Washingtonians watched as the 3rd Cavalry led by Major George S. Patton marched down Pennsylvania Avenue brandishing naked sabers. Behind them came a machine gun detachment, the 12th and 34th Infantry, the 13th Engineers, and six tanks, their caterpillar treads methodically destroying the soft asphalt. Abruptly Major Patton- not known for his solicitude towards civilians- charged his troops right into the growing crowd of twenty-thousand civil service workers who had just come off work. J.F.

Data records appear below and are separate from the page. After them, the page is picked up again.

-- ===== src/JobManager/Safety.antt =====
-- Where the identifiers are in every run, and the order of the requests.
use quick_mpc.Prelude.{ℕ, ◌+◌, ◌≤◌, ◌≡◌, ◌∙◌, ◌&&◌, ◌++◌, ◌==◌, leb, if◌then◌else◌, arith, length}
use quick_mpc.JobManager.{State, max_job_num}
use quick_mpc.JobManager.Steps.{total, total_returns, Reach, all_ids, taken_list, requests_of}
use quick_mpc.JobManager.Consistency.{Reach-IsConsistent}

abbrev pub indicator : ℕ → ℕ → ℕ
indicator j i = if i == j then 1 else 0

module _ {R : Type 0} where
  -- Where the queue has room for all identifiers and the party that triggers the jobs is one of the parties,
  -- in every run each identifier from 1 to 5 is once in the queue of free identifiers or once with
  -- a thread that will return it, and no other is there; so no two jobs that the party runs have
  -- the same identifier.
  pub job_ids_lem :
      (max_size n_parties party_id : ℕ) (s : State R) (j : ℕ)
      → max_job_num ≤ max_size
      → 1 ≤ party_id
      → party_id ≤ n_parties
      → Reach max_size n_parties party_id s
      → total (indicator j) s.job_ids + total_returns (indicator j) s.threads
        ≡ (if leb 1 j && leb j max_job_num then 1 else 0)
  unfolding total all_ids
  job_ids_lem max_size n_parties party_id s j fits present known r =
      (Reach-IsConsistent max_size n_parties party_id fits present known r).balance (indicator j)
      ∙ ground arith

  -- Under the same conditions, the requests started, then the one that the loop has taken, then those in
  -- the queue are the requests that were pushed, in their order, and the queue is not longer than
  -- its bound.
  pub requests_lem :
      (max_size n_parties party_id : ℕ) (s : State R)
      → max_job_num ≤ max_size
      → 1 ≤ party_id
      → party_id ≤ n_parties
      → Reach max_size n_parties party_id s
      → (s.pushed ≡ requests_of s.started ++ (taken_list s.taken ++ s.job_requests))
        × (length s.job_requests ≤ max_size)
  requests_lem max_size n_parties party_id s fits present known r =
      let c = Reach-IsConsistent max_size n_parties party_id fits present known r in
      (c.order, c.bounded)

Essary of the Baltimore Sun wrote that “thousands of unoffending people” were “ridden down indiscriminately”. Among those trampled were Senator Hiram Bingham of Connecticut. “Shame!” Shouted the spectators as they fled, at which point the cavalry finally turned on the hastily assembling veterans and charged again. The vets were stunned then furious. “Jesus!” cried one graying man- “If only we had guns!” The infantry came on the heels of the horsemen, pulling on gasmasks and throwing blue tear gas bombs. BEF women fled the camp, choking and clutching their children as they and their men retreated toward the Anacosta river. By 9 pm the refugees had withdrawn to the main Bonus Army camp and MacArthur was preparing to go in after them. General Glassford begged the general not to do it, calling a night attack the “height of stupidity. MacArthur was adamant and the police superintendent turned away.

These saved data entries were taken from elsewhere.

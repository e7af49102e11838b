-- ===== src/JobManager/Tests.antt =====
-- Runs of the manager with two parties, of which the first triggers the jobs.
use quick_mpc.Prelude.{
  ℕ, ◌+◌, ◌≤◌, ◌≡◌, refl, Bool, true, false, none, some, List, [], ◌∷◌, ◌++◌, arith,
}
use quick_mpc.TransactionQueue.{pop, push, default_max_size}
use quick_mpc.JobManager.{
  Thread, State, constructed, push_job_ids, push_job_req, take_request, send_job_info, start_job,
  thread_at, end_thread,
}
use quick_mpc.JobManager.Steps.{
  total, total_returns, WorkStep, takes, starts, ends, works, pushes, Step, Reach, built, next,
  taken_list, requests_of,
}
use quick_mpc.JobManager.Safety.{indicator, job_ids_lem, requests_lem}
use quick_mpc.JobManager.Progress.{Advances, WorkStep-progress}

abbrev thread : ℕ → ℕ → Bool → Thread ℕ
thread party job_id trigger = record {
  party = party;
  job_id = job_id;
  request = 7;
  is_job_trigger_party = trigger;
}

abbrev fresh_manager : State ℕ
fresh_manager = record {
  job_ids = 1 ∷ 2 ∷ 3 ∷ 4 ∷ 5 ∷ [];
  job_requests = [];
  taken = none;
  threads = [];
  pushed = [];
  started = [];
}

abbrev asked : State ℕ
asked = record fresh_manager { job_requests = 7 ∷ []; pushed = 7 ∷ [] }

abbrev holding : State ℕ
holding = record asked { job_requests = []; taken = some 7 }

abbrev running : State ℕ
running = record holding {
  job_ids = 2 ∷ 3 ∷ 4 ∷ 5 ∷ [];
  taken = none;
  threads = thread 1 1 true ∷ thread 2 1 false ∷ [];
  started = (1, 7) ∷ [];
}

-- The party that triggers has ended its job, and the other one still runs it: the identifier is free.
abbrev ended : State ℕ
ended = record running { job_ids = 2 ∷ 3 ∷ 4 ∷ 5 ∷ 1 ∷ []; threads = thread 2 1 false ∷ [] }

holding-running : WorkStep default_max_size 2 1 holding running
unfolding start_job pop send_job_info
holding-running = starts refl

asked-Step : Step default_max_size 2 1 fresh_manager asked
unfolding push_job_req push
asked-Step = pushes 7 refl

holding-Step : Step default_max_size 2 1 asked holding
unfolding take_request pop
holding-Step = works (takes refl)

running-Reach : Reach default_max_size 2 1 running
unfolding constructed push_job_ids push
running-Reach = next (next (next (built refl) asked-Step) holding-Step) (works holding-running)

ended-Reach : Reach default_max_size 2 1 ended
unfolding end_thread thread_at push
ended-Reach = next running-Reach (works (ends 0 refl))

job_ids_lem_example :
    total (indicator 1) running.job_ids + total_returns (indicator 1) running.threads ≡ 1
job_ids_lem_example =
    job_ids_lem default_max_size 2 1 running 1 (omega arith) (omega arith) (omega arith)
      running-Reach

requests_lem_example :
    (◌≡◌ {A = List ℕ} (7 ∷ []) (requests_of running.started ++ (taken_list {R = ℕ} none ++ [])))
    × (0 ≤ default_max_size)
requests_lem_example =
    requests_lem default_max_size 2 1 running (omega arith) (omega arith) (omega arith)
      running-Reach

WorkStep-progress_example : Advances default_max_size 2 1 ended
WorkStep-progress_example =
    WorkStep-progress default_max_size 2 1 ended (omega arith) (omega arith) (omega arith)
      ended-Reach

Infantry in gas masks confronting BEF members
At this point the impossible happened- orders arrived from Hoover that “forbade any troops to cross the bridge [over the Anacostia] into the largest encampment of veterans.” The President had received reports about the debacle at Third and Pennsylvania and he was worried about the publicity in an election year. The orders were in sent in duplicate, but MacArthur merely declared to his aide that he was “too busy and did not want either himself or his staff bothered by people coming down and pretending to bring orders.” And so the attack went forward anyway- against the explicit instruction of the Commander in Chief. Again the veterans were gassed and a force of infantry advanced to attack the encampment. Vegetable gardens planted by BEF families were trampled and their makeshift homes were burned. The attack resulted in over a hundred casualties including two babies gassed to death- twelve-week old Bernard Meyers and an unnamed infant who had been born only a few hours earlier. The yachts of well-to-do Washingtonians cruised close to look at the show and watched as Major Patton led the final charge to rout the BEF. Among the men struck down by cavalry sabers was Joseph T. Angelino, who, on September 26, 1918, had won the Distinguished Service Cross in the Argonne Forest for saving the life of a young officer named George S. Patton Jr.

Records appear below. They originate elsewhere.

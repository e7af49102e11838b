-- ===== src/JoinJob.antt =====
-- src/ComputationContainer/Job/Jobs/JoinTableJob.hpp: the job that returns a joined table without the columns
-- of identifiers. The result is the pair of the two members of the JSON object.
pub mod Columns
mod Tests
use quick_mpc.Prelude.{ℕ, zero, suc, ◌+◌, Bool, ◌||◌, List, [], ◌∷◌, map, ◌==◌, if◌then◌else◌}

module _ {Cell : Type 0} where
  -- The loop over one row from the position `i` on. `id_column.front()`, the column that was matched, counts from
  -- 1; the unsigned difference `match_row` of 0 and 1 is no position.
  unfoldable pub remove_cells : ℕ → ℕ → List Cell → List Cell
  remove_cells front i [] = []
  remove_cells front i (c ∷ row) =
      let rest = remove_cells front (i + 1) row in
      if i == 0 || i + 1 == front then rest else c ∷ rest

-- `removeIdColumn`.
unfoldable pub remove_id_column :
    {Cell Name : Type 0} → List (List Cell) → List Name → ℕ → List (List Cell) × List Name
remove_id_column rows schema front = (map (remove_cells front 0) rows, remove_cells front 0 schema)

-- `compute`: the shares are printed first.
unfoldable pub join_compute :
    {A Text Name : Type 0}
    → (A → Text)
    → List (List A)
    → List Name
    → ℕ
    → List (List Text) × List Name
join_compute print rows schemas front = remove_id_column (map (map print) rows) schemas front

Eisenhower later wrote of his grave misgivings with the whole event. “The veterans, loyal Americans who had marched on Washington with perfectly legitimate grievances, were ragged, ill-fed, and felt themselves badly abused. To suddenly see the whole encampment going up in flames just added to the pity one had to feel for them. For the first time in my career I felt ashamed to be a member of the United States Army.”
The BEF camp burning
For the first time, but not the last.